The company has not had sufficient financial resources to maintain dedicated internal financial reporting and qualified professional accounting personnel. Accordingly, financial reporting controls and internal transaction controls are designed and provided primarily by management with limited involvement from external consultants and professionals. This approach has been determined by management to be the most cost effective to date.

Management and the audit committee have discussed and identified areas that need to be improved as the company expands its scope of operations and strives to meet current market and regulatory expectations relating to the effectiveness of controls.

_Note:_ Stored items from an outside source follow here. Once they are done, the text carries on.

-- ===== src/Drivers/Manifest/Allowlist.antt =====
-- `path_within_allowlist` of src/drivers/lua/manifests/manifest.cpp.
use mathlib.Core.Path.{subst}
use ezcap.Base.{
  ℕ, Bool, false, if◌then◌else◌, true, ◌||◌, List, [], ◌∷◌, ◌++◌, Option, none, some, ◌==◌, length,
  get_elem?, Text, starts_with, ◌≡◌, refl, ap, ◌∙◌, arith, ◌⊎◌, inl, inr, ◌↔◌, Bool-cases,
  append-nil, length-append,
}

abbrev pub byte_is : ℕ → Option ℕ → Bool
byte_is c none = false
byte_is c (some d) = d == c

-- `dir.back()`
abbrev pub back : Text → Option ℕ
back [] = none
back (c ∷ []) = some c
back (c ∷ d ∷ s) = back (d ∷ s)

unfoldable pub is_inside : Text → Text → Bool
unfolding starts_with
is_inside canonical_path dir =
    if starts_with dir canonical_path
    then (length canonical_path == length dir)
      || (byte_is b'/' (back dir) || byte_is b'/' (get_elem? canonical_path (length dir)))
    else false

unfoldable pub path_within_allowlist : Text → List Text → Bool
unfolding is_inside
path_within_allowlist canonical_path [] = false
path_within_allowlist canonical_path (dir ∷ dirs) =
    is_inside canonical_path dir || path_within_allowlist canonical_path dirs

-- The path is the directory, or goes on behind it from a slash that ends the directory or that
-- follows it.
abbrev pub IsInside : Text → Text → Type 0
IsInside path dir =
    (rest : Text) × (path ≡ dir ++ rest)
    × ((rest ≡ []) ⊎ ((back dir ≡ some b'/') ⊎ ((tail : Text) × (rest ≡ b'/' ∷ tail))))

abbrev pub IsInsideSome : Text → List Text → Type 0
IsInsideSome path [] = ⊥
IsInsideSome path (dir ∷ dirs) = IsInside path dir ⊎ IsInsideSome path dirs

starts_with-append : (dir rest : Text) → starts_with dir (dir ++ rest) ≡ true
unfolding starts_with
starts_with-append [] rest = refl
starts_with-append (c ∷ dir) rest = ground (arith, starts_with-append dir rest)

starts_with-rest :
    (dir path : Text) → starts_with dir path ≡ true → (rest : Text) × (path ≡ dir ++ rest)
unfolding starts_with
starts_with-rest [] path h = (path, refl)
starts_with-rest (c ∷ dir) [] h = absurd (ground arith)
starts_with-rest (c ∷ dir) (x ∷ path) h =
    let (rest, e) = starts_with-rest dir path (ground arith) in
    let same : x ≡ c = ground arith in (rest, ap (λ y. y ∷ path) same ∙ ap (λ t. c ∷ t) e)

get_elem?-behind :
    (dir : Text) (c : ℕ) (tail : Text) → get_elem? (dir ++ c ∷ tail) (length dir) ≡ some c
get_elem?-behind [] c tail = refl
get_elem?-behind (d ∷ dir) c tail = get_elem?-behind dir c tail

byte_is-eq : (o : Option ℕ) (c : ℕ) → byte_is c o ≡ true → o ≡ some c
byte_is-eq none c h = absurd (ground arith)
byte_is-eq (some d) c h = ap some (ground arith)

inside_test :
    (dir rest : Text)
    → ((length (dir ++ rest) == length dir)
        || (byte_is b'/' (back dir) || byte_is b'/' (get_elem? (dir ++ rest) (length dir))))
      ≡ true
    → (rest ≡ []) ⊎ ((back dir ≡ some b'/') ⊎ ((tail : Text) × (rest ≡ b'/' ∷ tail)))
inside_test dir [] h = inl refl
inside_test dir (c ∷ tail) h = elim (Bool-cases (byte_is b'/' (back dir))) [
  | inl e ↦ inr (inl (byte_is-eq (back dir) b'/' e))
  | inr e ↦
      let behind : get_elem? (dir ++ c ∷ tail) (length dir) ≡ some c =
        get_elem?-behind dir c tail in
      let slash : c ≡ b'/' = ground (arith, h, e, behind, length-append dir (c ∷ tail)) in
      inr (inr (tail, ap (λ x. x ∷ tail) slash))
]

inside_test-holds :
    (dir rest : Text)
    → (rest ≡ []) ⊎ ((back dir ≡ some b'/') ⊎ ((tail : Text) × (rest ≡ b'/' ∷ tail)))
    → ((length (dir ++ rest) == length dir)
        || (byte_is b'/' (back dir) || byte_is b'/' (get_elem? (dir ++ rest) (length dir))))
      ≡ true
inside_test-holds dir rest (inl e) = rw (e, append-nil dir) (ground arith)
inside_test-holds dir rest (inr (inl e)) = rw e (ground arith)
inside_test-holds dir rest (inr (inr (tail, e))) =
    rw (e, get_elem?-behind dir b'/' tail) (ground arith)

is_inside-parts :
    (path dir : Text)
    → is_inside path dir ≡ true
    → (starts_with dir path ≡ true)
      × (((length path == length dir)
            || (byte_is b'/' (back dir) || byte_is b'/' (get_elem? path (length dir))))
          ≡ true)
unfolding is_inside
is_inside-parts path dir h = elim (Bool-cases (starts_with dir path)) [
  | inl e ↦ (e, rw e at h)
  | inr e ↦ ground (arith, e, h)
]

is_inside-IsInside : (path dir : Text) → (is_inside path dir ≡ true) ↔ IsInside path dir
unfolding is_inside
is_inside-IsInside path dir = (
  λ h.
      let (start, end) = is_inside-parts path dir h in
      let (rest, e) = starts_with-rest dir path start in
      (
        rest,
        e,
        inside_test dir rest (
            subst
              (λ p.
                ((length p == length dir)
                  || (byte_is b'/' (back dir) || byte_is b'/' (get_elem? p (length dir))))
                ≡ true)
              e end),
      ),
  λ (rest, e, w). rw (e, starts_with-append dir rest) (inside_test-holds dir rest w),
)

-- A path is accepted exactly if it lies in one of the directories: it is the directory, or goes on
-- behind it from a slash that ends the directory or that follows it.
pub path_within_allowlist_iff :
    (path : Text) (dirs : List Text)
    → (path_within_allowlist path dirs ≡ true) ↔ IsInsideSome path dirs
unfolding path_within_allowlist
path_within_allowlist_iff path [] = (λ h. ground arith, λ h. absurd h)
path_within_allowlist_iff path (dir ∷ dirs) =
    let here = is_inside-IsInside path dir in
    let there = path_within_allowlist_iff path dirs in
    (
      λ h. elim (Bool-cases (is_inside path dir)) [
        | inl e ↦ inl (here.0 e)
        | inr e ↦ inr (there.0 (ground (arith, h, e)))
      ],
      λ w. elim w [
        | inl v ↦ let e = here.1 v in rw e refl
        | inr v ↦ let e = there.1 v in ground (arith, e)
      ],
    )
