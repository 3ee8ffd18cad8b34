-- ===== src/Drivers/Manifest/Version.antt =====
-- `valid_version` against the groups between dots.
use ezcap.Base.{
  ℕ, suc, ◌||◌, ◌+◌, ◌≤◌, Bool, true, false, not, ◌&&◌, List, [], ◌∷◌, ◌++◌, leb, ◌==◌,
  if◌then◌else◌, length, all, Text, ◌≡◌, refl, ap, ◌∙◌, arith, inl, inr, Bool-cases, append_assoc,
  append-nil, all-append,
}
use ezcap.Capture.Filter.{is_digit}
use ezcap.Drivers.Manifest.{version_loop, valid_version}
use ezcap.Policy.Redactor.{is_empty}

-- What stands before the first dot, and between and behind the dots.
abbrev pub groups : Text → Text × List Text
groups [] = ([], [])
groups (c ∷ s) =
    if c == b'.' then ([], (groups s).0 ∷ (groups s).1) else (c ∷ (groups s).0, (groups s).1)

unfoldable pub is_group : Text → Bool
is_group g = not (is_empty g) && all is_digit g

-- From `components` dots on, with `current` read since the last.
abbrev pub is_version_from : ℕ → Text → Text → Bool
is_version_from components current s =
    (is_group (current ++ (groups s).0) && all is_group (groups s).1)
    && (leb 1 (components + length (groups s).1) && leb (components + length (groups s).1) 3)

abbrev in_range : ℕ → Bool
in_range n = leb 1 n && leb n 3

bad_group : (current g : Text) (c : ℕ) → is_digit c ≡ false → is_group (current ++ c ∷ g) ≡ false
unfolding is_group
bad_group [] g c f = rw f
bad_group (d ∷ current) g c f = ground (arith, f, all-append is_digit current (c ∷ g))

digits-group :
    (current : Text) → all is_digit current ≡ true → is_group current ≡ not (is_empty current)
unfolding is_group
digits-group [] h = refl
digits-group (d ∷ current) h = h

at_end : (e : Bool) (k : ℕ) → k ≤ 3 → (leb 1 k && e) ≡ (e && true && in_range (k + 0))
at_end e k h = ground arith

at_dot :
    (empty next gs : Bool) (k n : ℕ)
    → (k + 1 ≤ 3 → next ≡ (gs && in_range (k + 1 + n)))
    → (if empty || leb 3 k then false else next) ≡ (not empty && gs && in_range (k + suc n))
at_dot true next gs k n h = refl
at_dot false next gs k n h = elim (Bool-cases (leb 3 k)) [
  | inl e ↦ ground (arith, e)
  | inr e ↦ let same = h (ground (arith, e)) in ground (arith, e, same)
]

version_loop_lem :
    (s current : Text) (k : ℕ)
    → k ≤ 3
    → all is_digit current ≡ true
    → version_loop k current s ≡ is_version_from k current s
unfolding version_loop
version_loop_lem [] current k h d =
    rw (append-nil current, digits-group current d) (at_end (not (is_empty current)) k h)
version_loop_lem (c ∷ s) current k h d = elim (Bool-cases (c == b'.')) [
  | inl e ↦
      rw (e, append-nil current, digits-group current d)
        (at_dot (is_empty current) (version_loop (k + 1) [] s)
          (is_group (groups s).0 && all is_group (groups s).1) k (length (groups s).1)
          (λ room. version_loop_lem s [] (k + 1) room refl))
  | inr e ↦ elim (Bool-cases (is_digit c)) [
    | inl f ↦
        let longer =
          version_loop_lem s (current ++ c ∷ []) k h
            (ground (arith, d, f, all-append is_digit current (c ∷ []))) in
        rw (e, f)
          (longer
            ∙ ap
                (λ t.
                  (is_group t && all is_group (groups s).1)
                  && (leb 1 (k + length (groups s).1) && leb (k + length (groups s).1) 3))
                (append_assoc current (c ∷ []) (groups s).0))
    | inr f ↦ rw (e, f, bad_group current (groups s).0 c f)
  ]
]

-- A version is accepted exactly if it is made of two to four groups of digits, none of them empty,
-- with dots between them: "1" is refused and "1.2.3.4" is not.
pub valid_version-groups :
    (version : Text)
    → valid_version version ≡ (
        (is_group (groups version).0 && all is_group (groups version).1)
        && (leb 1 (length (groups version).1) && leb (length (groups version).1) 3))
unfolding valid_version
valid_version-groups version =
    let none_before : 0 + length (groups version).1 ≡ length (groups version).1 = omega arith in
    version_loop_lem version [] 0 (omega arith) refl
    ∙ ap (λ n. (is_group (groups version).0 && all is_group (groups version).1) && in_range n)
        none_before
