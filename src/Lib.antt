-- ===== src/Lib.antt =====
-- Verification of platform-ipam, the service that hands out IP address space to the teams of a
-- cloud estate: a tenant reserves a block, binds it to a VPC or a subnet, and releases it; a worker
-- gives it back to the pool when it is certain that nothing uses it.
--
-- Parts and files:
-- - Prelude: Boolean tests, lists, maps and integers that the other files share.
-- - Netip: Go's net/netip for IPv4 prefixes, with addrInt and prefixFromInt of
--   internal/service/service.go.
-- - Domain: the records of internal/domain/types.go and internal/domain/config.go. `State` is the
--   ledger; its maps are association lists in the order that an iteration visits, and the theorems
--   hold for every such order.
-- - Service: the operations of internal/service. Choose is chooseCIDR; Validate is validateRequest
--   (Completed its defaults); Reserve is reserve (Replay, Plan and Commit are its replays and its
--   two transactions, Handler the whole); Adopt is Adopt and pinnedCIDR; Lifecycle is Patch,
--   finishBinding and Release (Quarantine is the row a release leaves); Bind is Bind (Seen is its
--   first read and its observations); Observe is trustedObservation, recordObservation,
--   snapshotConflict, observationConflict and bindingObserved; Reclaim is reclaimEligible,
--   reclaimFence and reclaimTick; Reads is Get, List, Operation, Pools and Findings (Order is the
--   order of texts that its sorts use); Capacity is occupiedBlocks of internal/service/capacity.go,
--   and Report its capacity; Withdrawal is the fences of internal/service/cancel.go and abandon.go;
--   Cancel is CancelReservation, its judgement and its transactions (Handler the whole); Abandon is
--   AbandonAdoption likewise, with its dry run; Raise is the findings and events of
--   internal/service/worker.go, and Worker the rest of that file: the recovery of holds (Worker
--   itself; Recovered and Converted say what it stands on), Projections is syncProjections,
--   Reconcile and Unmanaged are reconcileAllocations, and Tick two phases of Tick.
-- - Ledger: the transactions as the steps of one transition system over the ledger.
-- - Assess: the conflicts of internal/assess. Collect is dedupeAssociations and buildAssociations
--   of sweep.go, Sweep its sweep; Matrix is matrix.go; Conflict is buildConflicts, sortConflicts
--   and ConflictID; Report is Assess as far as its conflicts. A text that is put in order is the
--   list of its code points, whose order UTF-8 keeps.
-- - Examples: sample data and concrete runs.
--
-- How the code is read. A ledger transaction is a function of the state that returns the new state,
-- or an error and no new state: the ledger rolls a failed transaction back. What a call asks of the
-- clock, of `NewID`, of the inventory and of the observer is an argument. `reserve`,
-- `cancel_reservation` and `abandon_adoption` take two functions for what other processes do to the
-- ledger before their transactions, and a round of the worker's recovery takes one. Digests are a
-- record of functions, since SHA-256 and JSON are libraries.
--
-- Numbers. Addresses are numbers below 2 ^ 32, and `capacity`'s differences of uint64 keep their
-- wrap-around. Times are nanoseconds since Go's zero time; `Time.Sub` saturates. Configured
-- durations are taken not to overflow int64. Revisions do not overflow. A text that is not an IPv4
-- prefix parses to nothing; the code compares no IPv6 prefix with an IPv4 one. Loops are structural
-- recursion: over the lists, and over the number of candidates in the pool.
--
-- Not modelled: the adapters (internal/netbox, internal/cloud), storage, the command lines and the
-- transport, onboarding and migration, the Terraform provider; of internal/assess, coverage, notes
-- and summary; of internal/service, the dry run of an adoption. Error texts, event reasons and the
-- settings that no rule reads are left out of the records.
pub mod Prelude
pub mod Netip
pub mod Domain
pub mod Service
pub mod Ledger
pub mod Assess
pub mod Examples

When control weaknesses are identified there is increased risk of release of inappropriate disclosures. There is also increased risk of misstatement in financial reporting through errors, omissions or fraudulent activity that could occur and go undetected. The Company intends to direct additional resources to improving identified deficiencies and improve the overall control environment and governance processes within the company where deemed required.

The Company recognizes that its existing control measures do not comply with a recognized internal control framework such as COSO. The Company believes such a framework is not viable at this time due to the limited number of personnel, volume of transactions, and lack of financial resources.

1.15 Risks and Uncertainties

The Company operates in a competitive market. The Company needs to deliver high quality, cost effective, components to market and meet the timelines required by customers. The Company must develop next generation components to satisfy the future needs of their customers. Should the Company be unable to continue to improve and update their product offering, this would have a negative impact on future growth.

The Company currently has limited working capital and incurs significant expenses on an on-going basis in its operations, which represents a significant risk factor. The Company will require additional financing to carry on its business, which financing may not be available when needed.

The Company does not have any significant environmental risk.